TASK DETAILS: Using the records below, transcribe word for word the stretch from the line that contains "(after_id-inner_star s (rw" through the line that contains "let same : s ≡ p.1 = ground arith in", both end lines included, and nothing else.

Extracted records:
-*-*-
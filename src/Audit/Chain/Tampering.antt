-- ===== src/Audit/Chain/Tampering.antt =====
-- What the head of a verified chain says about its history, and what it does not.
use headofcontext.Prelude.{
  ◌≡◌, refl, ap, sym, ◌∙◌, ℕ, suc, String, true, Option, none, some, List, [], ◌∷◌, length, Member,
  here, there, or_default, arith,
}
use headofcontext.Core.Errors.{Result, ok, err}
use Prim.Native.String.{count}
use text.Mathlib.TextLemmas.{append_inj}
use headofcontext.Core.Events.{AuditEvent, ◌+++◌}
use headofcontext.Audit.Payload.{Json, ReadsBack, canonical_json, event_from_payload}
use headofcontext.Audit.Payload.Roundtrip.{event_from_payload-canonical_json}
use headofcontext.Audit.Chain.{
  ChainRow, ChainReport, columns_mismatch, broken, judge, check_row, verify_from, verify_rows,
}
use headofcontext.Audit.Chain.Laws
use headofcontext.Audit.Chain.Laws.{last_hash}
use headofcontext.Audit.Chain.Breaks.{Linked-of_report}

module _ (json : Json) (sha256 : String → String) where
  -- The text is what the digest is taken of for one of the rows: the hash before it, and the
  -- canonical JSON of the event that it reads as.
  abbrev pub Hashed : List ChainRow → String → Type 0
  Hashed rows t =
      (x : ChainRow) × (e : AuditEvent) × Member x rows
      × (event_from_payload json x.payload ≡ ok e)
      × (t ≡ x.prev_hash +++ canonical_json json e)

  -- The digest tells the texts apart that are hashed for the two lists.
  abbrev pub NoCollision : List ChainRow → List ChainRow → Type 0
  NoCollision xs ys = (s t : String) → Hashed xs s → Hashed ys t → sha256 s ≡ sha256 t → s ≡ t

  -- The JSON library reads back the events that the rows read as.
  abbrev pub Faithful : List ChainRow → Type 0
  Faithful rows =
      (x : ChainRow) (e : AuditEvent)
      → Member x rows
      → event_from_payload json x.payload ≡ ok e
      → ReadsBack json e

  -- The length of a SHA-256 digest in hex.
  abbrev pub IsDigest : String → Type 0
  IsDigest s = count s ≡ 64

  -- The rows read as the same events under the same hashes, one by one.
  abbrev pub SameHistory : List ChainRow → List ChainRow → Type 0
  SameHistory [] [] = Unit
  SameHistory [] (y ∷ ys) = ⊥
  SameHistory (x ∷ xs) [] = ⊥
  SameHistory (x ∷ xs) (y ∷ ys) =
      (event_from_payload json x.payload ≡ event_from_payload json y.payload)
      × (x.prev_hash ≡ y.prev_hash)
      × (x.stored_hash ≡ y.stored_hash)
      × SameHistory xs ys

  -- Events with the same canonical JSON are the same, where it is read back.
  canonical_json-inj :
      (e f : AuditEvent)
      → ReadsBack json e
      → ReadsBack json f
      → canonical_json json e ≡ canonical_json json f
      → e ≡ f
  canonical_json-inj e f back_e back_f h =
      let read_e = event_from_payload-canonical_json json e back_e in
      let read_f = event_from_payload-canonical_json json f back_f in
      let same : ok e ≡ event_from_payload json (canonical_json json f) =
        sym read_e ∙ ap (event_from_payload json) h in
      ground (arith, same ∙ read_f)

  history_from :
      (p q : String) (xs ys : List ChainRow)
      → ((s : String) → IsDigest (sha256 s))
      → IsDigest p
      → IsDigest q
      → Laws.Linked json sha256 p xs
      → Laws.Linked json sha256 q ys
      → length xs ≡ length ys
      → last_hash p xs ≡ last_hash q ys
      → Faithful xs
      → Faithful ys
      → NoCollision xs ys
      → (p ≡ q) × SameHistory xs ys
  history_from p q [] [] sized dp dq lx ly len h bx by free = (h, tt)
  history_from p q [] (y ∷ ys) sized dp dq lx ly len h bx by free = absurd (omega arith)
  history_from p q (x ∷ xs) [] sized dp dq lx ly len h bx by free = absurd (omega arith)
  history_from p q (x ∷ xs) (y ∷ ys) sized dp dq (nx, (e, px, hx, cx), lx) (ny, (f, py, hy, cy), ly)
        len h bx by free =
      let (stored, rest) =
        history_from x.stored_hash y.stored_hash xs ys sized (ap count (sym hx) ∙ sized _)
          (ap count (sym hy) ∙ sized _) lx ly (omega arith) h (λ a c m. bx a c (there m))
          (λ a c m. by a c (there m))
          (λ a b (c, d, m, k, i) (c2, d2, m2, k2, i2).
            free a b (c, d, there m, k, i) (c2, d2, there m2, k2, i2)) in
      let texts =
        free _ _ (x, e, here refl, px, refl) (y, f, here refl, py, refl) (hx ∙ (stored ∙ sym hy)) in
      let (prev, events) = append_inj texts (ap count nx ∙ dp ∙ sym dq ∙ sym (ap count ny)) in
      let same = canonical_json-inj e f (bx x e (here refl) px) (by y f (here refl) py) events in
      (sym nx ∙ (prev ∙ ny), (px ∙ (ap ok same ∙ sym py), prev, stored, rest))

  -- Two lists of rows of the same length that both verify and end with the same hash read as the
  -- same events under the same hashes, and start from the same anchor: nothing before the head can
  -- be changed, reordered, removed or put in. It is assumed of the digest that it has 64 letters,
  -- as the two anchors do, and that it tells the texts apart that are hashed for these rows; of the
  -- JSON library, that it reads back the events of these rows.
  pub history_of_head :
      (p q : String) (xs ys : List ChainRow) (r s : ChainReport)
      → ((t : String) → IsDigest (sha256 t))
      → IsDigest p
      → IsDigest q
      → verify_rows json sha256 p xs ≡ ok r
      → r.is_ok ≡ true
      → verify_rows json sha256 q ys ≡ ok s
      → s.is_ok ≡ true
      → length xs ≡ length ys
      → last_hash p xs ≡ last_hash q ys
      → Faithful xs
      → Faithful ys
      → NoCollision xs ys
      → (p ≡ q) × SameHistory xs ys
  history_of_head p q xs ys r s sized dp dq hx rx hy sy len h bx by free =
      history_from p q xs ys sized dp dq (Linked-of_report json sha256 p xs r hx rx)
        (Linked-of_report json sha256 q ys s hy sy) len h bx by free

  -- The two rows differ at most in what their payloads hold beside the event and the columns.
  abbrev pub ReadsAlike : List ChainRow → List ChainRow → Type 0
  ReadsAlike [] [] = Unit
  ReadsAlike [] (y ∷ ys) = ⊥
  ReadsAlike (x ∷ xs) [] = ⊥
  ReadsAlike (x ∷ xs) (y ∷ ys) =
      (x.seq ≡ y.seq)
      × (x.prev_hash ≡ y.prev_hash)
      × (x.stored_hash ≡ y.stored_hash)
      × (event_from_payload json x.payload ≡ event_from_payload json y.payload)
      × (columns_mismatch json sha256 x.columns x.payload
          ≡ columns_mismatch json sha256 y.columns y.payload)
      × ReadsAlike xs ys

  judge-alike :
      (report : String → ChainReport) (x y : ChainRow) (r : Result AuditEvent)
      → x.prev_hash ≡ y.prev_hash
      → x.stored_hash ≡ y.stored_hash
      → columns_mismatch json sha256 x.columns x.payload
        ≡ columns_mismatch json sha256 y.columns y.payload
      → judge json sha256 report x r ≡ judge json sha256 report y r
  unfolding judge
  judge-alike report x y (err e) p h c = refl
  judge-alike report x y (ok event) p h c = simp (p, h, c)

  check_row-alike :
      (anchor prev : String) (first : Option ℕ) (checked : ℕ) (x y : ChainRow)
      → x.seq ≡ y.seq
      → x.prev_hash ≡ y.prev_hash
      → x.stored_hash ≡ y.stored_hash
      → event_from_payload json x.payload ≡ event_from_payload json y.payload
      → columns_mismatch json sha256 x.columns x.payload
        ≡ columns_mismatch json sha256 y.columns y.payload
      → check_row json sha256 anchor first checked prev x
        ≡ check_row json sha256 anchor first checked prev y
  unfolding check_row
  check_row-alike anchor prev first checked x y s p h e c = simp (
    s,
    p,
    e,
    judge-alike (broken json sha256 checked (or_default first y.seq) anchor (some prev) y.seq) x y
        (event_from_payload json y.payload) p h c,
  )

  verify_from-ReadsAlike :
      (anchor prev : String) (first last : Option ℕ) (checked : ℕ) (xs ys : List ChainRow)
      → ReadsAlike xs ys
      → verify_from json sha256 anchor first last checked prev xs
        ≡ verify_from json sha256 anchor first last checked prev ys
  unfolding verify_from
  verify_from-ReadsAlike anchor prev first last checked [] [] alike = refl
  verify_from-ReadsAlike anchor prev first last checked [] (y ∷ ys) alike = absurd alike
  verify_from-ReadsAlike anchor prev first last checked (x ∷ xs) [] alike = absurd alike
  verify_from-ReadsAlike anchor prev first last checked (x ∷ xs) (y ∷ ys) (s, p, h, e, c, rest) =
      simp (
        check_row-alike anchor prev first checked x y s p h e c,
        s,
        h,
        verify_from-ReadsAlike anchor y.stored_hash (some (or_default first y.seq)) (some y.seq)
            (suc checked) xs ys rest,
      )

  -- `verify_rows` reports the same on rows whose payloads differ, as long as they read as the same
  -- events and agree with the columns alike: what is hashed is the event, not the payload.
  pub verify_rows-ReadsAlike :
      (anchor : String) (xs ys : List ChainRow)
      → ReadsAlike xs ys
      → verify_rows json sha256 anchor xs ≡ verify_rows json sha256 anchor ys
  unfolding verify_rows
  verify_rows-ReadsAlike anchor xs ys alike =
      verify_from-ReadsAlike anchor anchor none none 0 xs ys alike
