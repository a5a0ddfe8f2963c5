-- ===== src/Core.antt =====
-- The package core: references, capabilities and scopes, principal chains, decisions and the
-- decision path (headofcontext/core).
pub mod Errors
pub mod Refs
pub mod Capability
pub mod Scope
pub mod Chain
pub mod Decision
pub mod Events
pub mod Decider
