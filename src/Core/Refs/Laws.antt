-- ===== src/Core/Refs/Laws.antt =====
-- What the validators of core/refs.py accept: the star of a pattern is its last character.
use headofcontext.Prelude.{
  ℕ, ◌≡◌, ◌≢◌, refl, String, true, false, some, List, [], ◌∷◌, arith, codes, ends_with, drop_last,
  Option-cases, Bool-cases, nat_eq, ap, inl, inr, and-eq-true,
}
use headofcontext.Core.Refs.{
  is_resource_pattern, is_ref, id_char, match_type, after_id, scan_type, at_end, type_char,
  type_head, star_end, pattern_id, plain_id,
}

ends_star-tail :
    (c : ℕ) (s : List ℕ) → c ≢ b'*' → ends_with b'*' (c ∷ s) ≡ true → ends_with b'*' s ≡ true
ends_star-tail c [] h e = absurd (h (ground arith))
ends_star-tail c (d ∷ s) h e = e

inner_star-cons :
    (c : ℕ) (s : List ℕ)
    → c ≢ b'*'
    → ends_with b'*' (drop_last s) ≡ false
    → ends_with b'*' (drop_last (c ∷ s)) ≡ false
inner_star-cons c [] h e = refl
inner_star-cons c (d ∷ []) h e = ground arith
inner_star-cons c (d ∷ e ∷ s) h k = k

star-not-id_char : id_char b'*' ≡ false
unfolding id_char
star-not-id_char = refl

id_char-ne-star : (c : ℕ) → id_char c ≡ true → c ≢ b'*'
id_char-ne-star c h e = cc (ap id_char e, star-not-id_char)

star_end-inner_star :
    (s : List ℕ)
    → star_end s ≡ true
    → ends_with b'*' s ≡ true
    → ends_with b'*' (drop_last s) ≡ false
star_end-inner_star [] h k = refl
star_end-inner_star (c ∷ []) h k = refl
star_end-inner_star (c ∷ d ∷ []) h k = ground arith
star_end-inner_star (c ∷ d ∷ e ∷ s) h k = absurd (ground arith)

after_id-inner_star :
    (s : List ℕ)
    → star_end (after_id s) ≡ true
    → ends_with b'*' s ≡ true
    → ends_with b'*' (drop_last s) ≡ false
unfolding after_id
after_id-inner_star [] h k = refl
after_id-inner_star (c ∷ s) h k = elim (Bool-cases (id_char c)) [
  | inl e ↦
      inner_star-cons c s (id_char-ne-star c e)
        (after_id-inner_star s (rw e at h) (ends_star-tail c s (id_char-ne-star c e) k))
  | inr e ↦ star_end-inner_star (c ∷ s) (rw e at h) k
]

pattern_id-star_end : (s : List ℕ) → pattern_id s ≡ true → star_end (after_id s) ≡ true
pattern_id-star_end s h = (and-eq-true (star_end (after_id s)) _ h).0

type_char-ne-star : (c : ℕ) → type_char c ≡ true → c ≢ b'*'
type_char-ne-star c h e = ground arith

scan_type-inner_star :
    (s : List ℕ) (p : List ℕ × List ℕ)
    → scan_type s ≡ some p
    → pattern_id p.1 ≡ true
    → ends_with b'*' s ≡ true
    → ends_with b'*' (drop_last s) ≡ false
unfolding scan_type
scan_type-inner_star [] p e h k = refl
scan_type-inner_star (c ∷ s) p e h k = elim (Bool-cases (nat_eq b':' c)) [
  | inl colon ↦
      let ne : c ≢ b'*' = ground arith in
      let same : s ≡ p.1 = ground arith in
      let star : ends_with b'*' s ≡ true = ends_star-tail c s ne k in
      inner_star-cons c s ne (after_id-inner_star s (pattern_id-star_end s (rw same h)) star)
  | inr other ↦ elim (Bool-cases (type_char c)) [
    | inl part ↦
        let ne : c ≢ b'*' = type_char-ne-star c part in
        elim (Option-cases (scan_type s)) [
          | inl missing ↦ absurd (ground arith)
          | inr (q, found) ↦
              let same : q.1 ≡ p.1 = ground arith in
              inner_star-cons c s ne
                (scan_type-inner_star s q found (rw same h) (ends_star-tail c s ne k))
        ]
    | inr bad ↦ absurd (ground arith)
  ]
]

match_type-inner_star :
    (s : List ℕ) (p : List ℕ × List ℕ)
    → match_type s ≡ some p
    → pattern_id p.1 ≡ true
    → ends_with b'*' s ≡ true
    → ends_with b'*' (drop_last s) ≡ false
unfolding match_type
match_type-inner_star [] p e h k = refl
match_type-inner_star (c ∷ s) p e h k = elim (Bool-cases (type_head c)) [
  | inl head ↦
      let ne : c ≢ b'*' = ground arith in
      elim (Option-cases (scan_type s)) [
        | inl missing ↦ absurd (ground arith)
        | inr (q, found) ↦
            let same : q.1 ≡ p.1 = ground arith in
            inner_star-cons c s ne
              (scan_type-inner_star s q found (rw same h) (ends_star-tail c s ne k))
      ]
  | inr bad ↦ absurd (ground arith)
]

-- A resource pattern that ends in a star has no star just before it.
pub pattern-inner_star :
    (r : String)
    → is_resource_pattern r ≡ true
    → ends_with b'*' (codes r) ≡ true
    → ends_with b'*' (drop_last (codes r)) ≡ false
unfolding is_resource_pattern
pattern-inner_star r h k = elim (Option-cases (match_type (codes r))) [
  | inl missing ↦ absurd (ground arith)
  | inr (p, found) ↦ match_type-inner_star (codes r) p found (ground arith) k
]

at_end-star_end : (s : List ℕ) → at_end s ≡ true → star_end s ≡ true
at_end-star_end [] h = refl
at_end-star_end (c ∷ s) h = ground arith

-- A reference of some type is also a resource pattern.
plain_id-pattern_id : (s : List ℕ) → plain_id s ≡ true → pattern_id s ≡ true
unfolding after_id
plain_id-pattern_id [] h = absurd (ground arith)
plain_id-pattern_id (c ∷ s) h = elim (Bool-cases (id_char c)) [
  | inl e ↦ ground (arith, at_end-star_end (after_id s))
  | inr e ↦ absurd (ground arith)
]

pub ref-is_resource_pattern :
    (value type : String) → is_ref value type ≡ true → is_resource_pattern value ≡ true
unfolding is_ref is_resource_pattern
ref-is_resource_pattern value type h = elim (Option-cases (match_type (codes value))) [
  | inl missing ↦ absurd (ground arith)
  | inr (p, found) ↦ ground (arith, plain_id-pattern_id p.1)
]
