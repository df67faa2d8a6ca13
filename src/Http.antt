-- ===== src/Http.antt =====
-- services/operator-backend/src/http: the checks that a request passes before a service sees it.
pub mod Validate
pub mod Auth
pub mod Token
pub mod CallerAuth
pub mod RateLimit
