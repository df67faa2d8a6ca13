-- ===== src/Pool.antt =====
-- services/operator-backend/src/pool/index.ts: quotes, liquidity and redemption plans of a pool.
pub mod Quote
pub mod Liquidity
pub mod Swap
pub mod Binding
pub mod Acceptance
pub mod Views
pub mod Listing
pub mod Sides
pub mod Tolerance
pub mod Numerals
pub mod Curve
pub mod Deposit
pub mod Redeem
pub mod ProRata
-*-*-
TASK RESULT:
        (after_id-inner_star s (rw e at h) (ends_star-tail c s (id_char-ne-star c e) k))
  | inr e ↦ star_end-inner_star (c ∷ s) (rw e at h) k
]

pattern_id-star_end : (s : List ℕ) → pattern_id s ≡ true → star_end (after_id s) ≡ true
pattern_id-star_end s h = (and-eq-true (star_end (after_id s)) _ h).0

type_char-ne-star : (c : ℕ) → type_char c ≡ true → c ≢ b'*'
type_char-ne-star c h e = ground arith

scan_type-inner_star :
    (s : List ℕ) (p : List ℕ × List ℕ)
    → scan_type s ≡ some p
    → pattern_id p.1 ≡ true
    → ends_with b'*' s ≡ true
    → ends_with b'*' (drop_last s) ≡ false
unfolding scan_type
scan_type-inner_star [] p e h k = refl
scan_type-inner_star (c ∷ s) p e h k = elim (Bool-cases (nat_eq b':' c)) [
  | inl colon ↦
      let ne : c ≢ b'*' = ground arith in
      let same : s ≡ p.1 = ground arith in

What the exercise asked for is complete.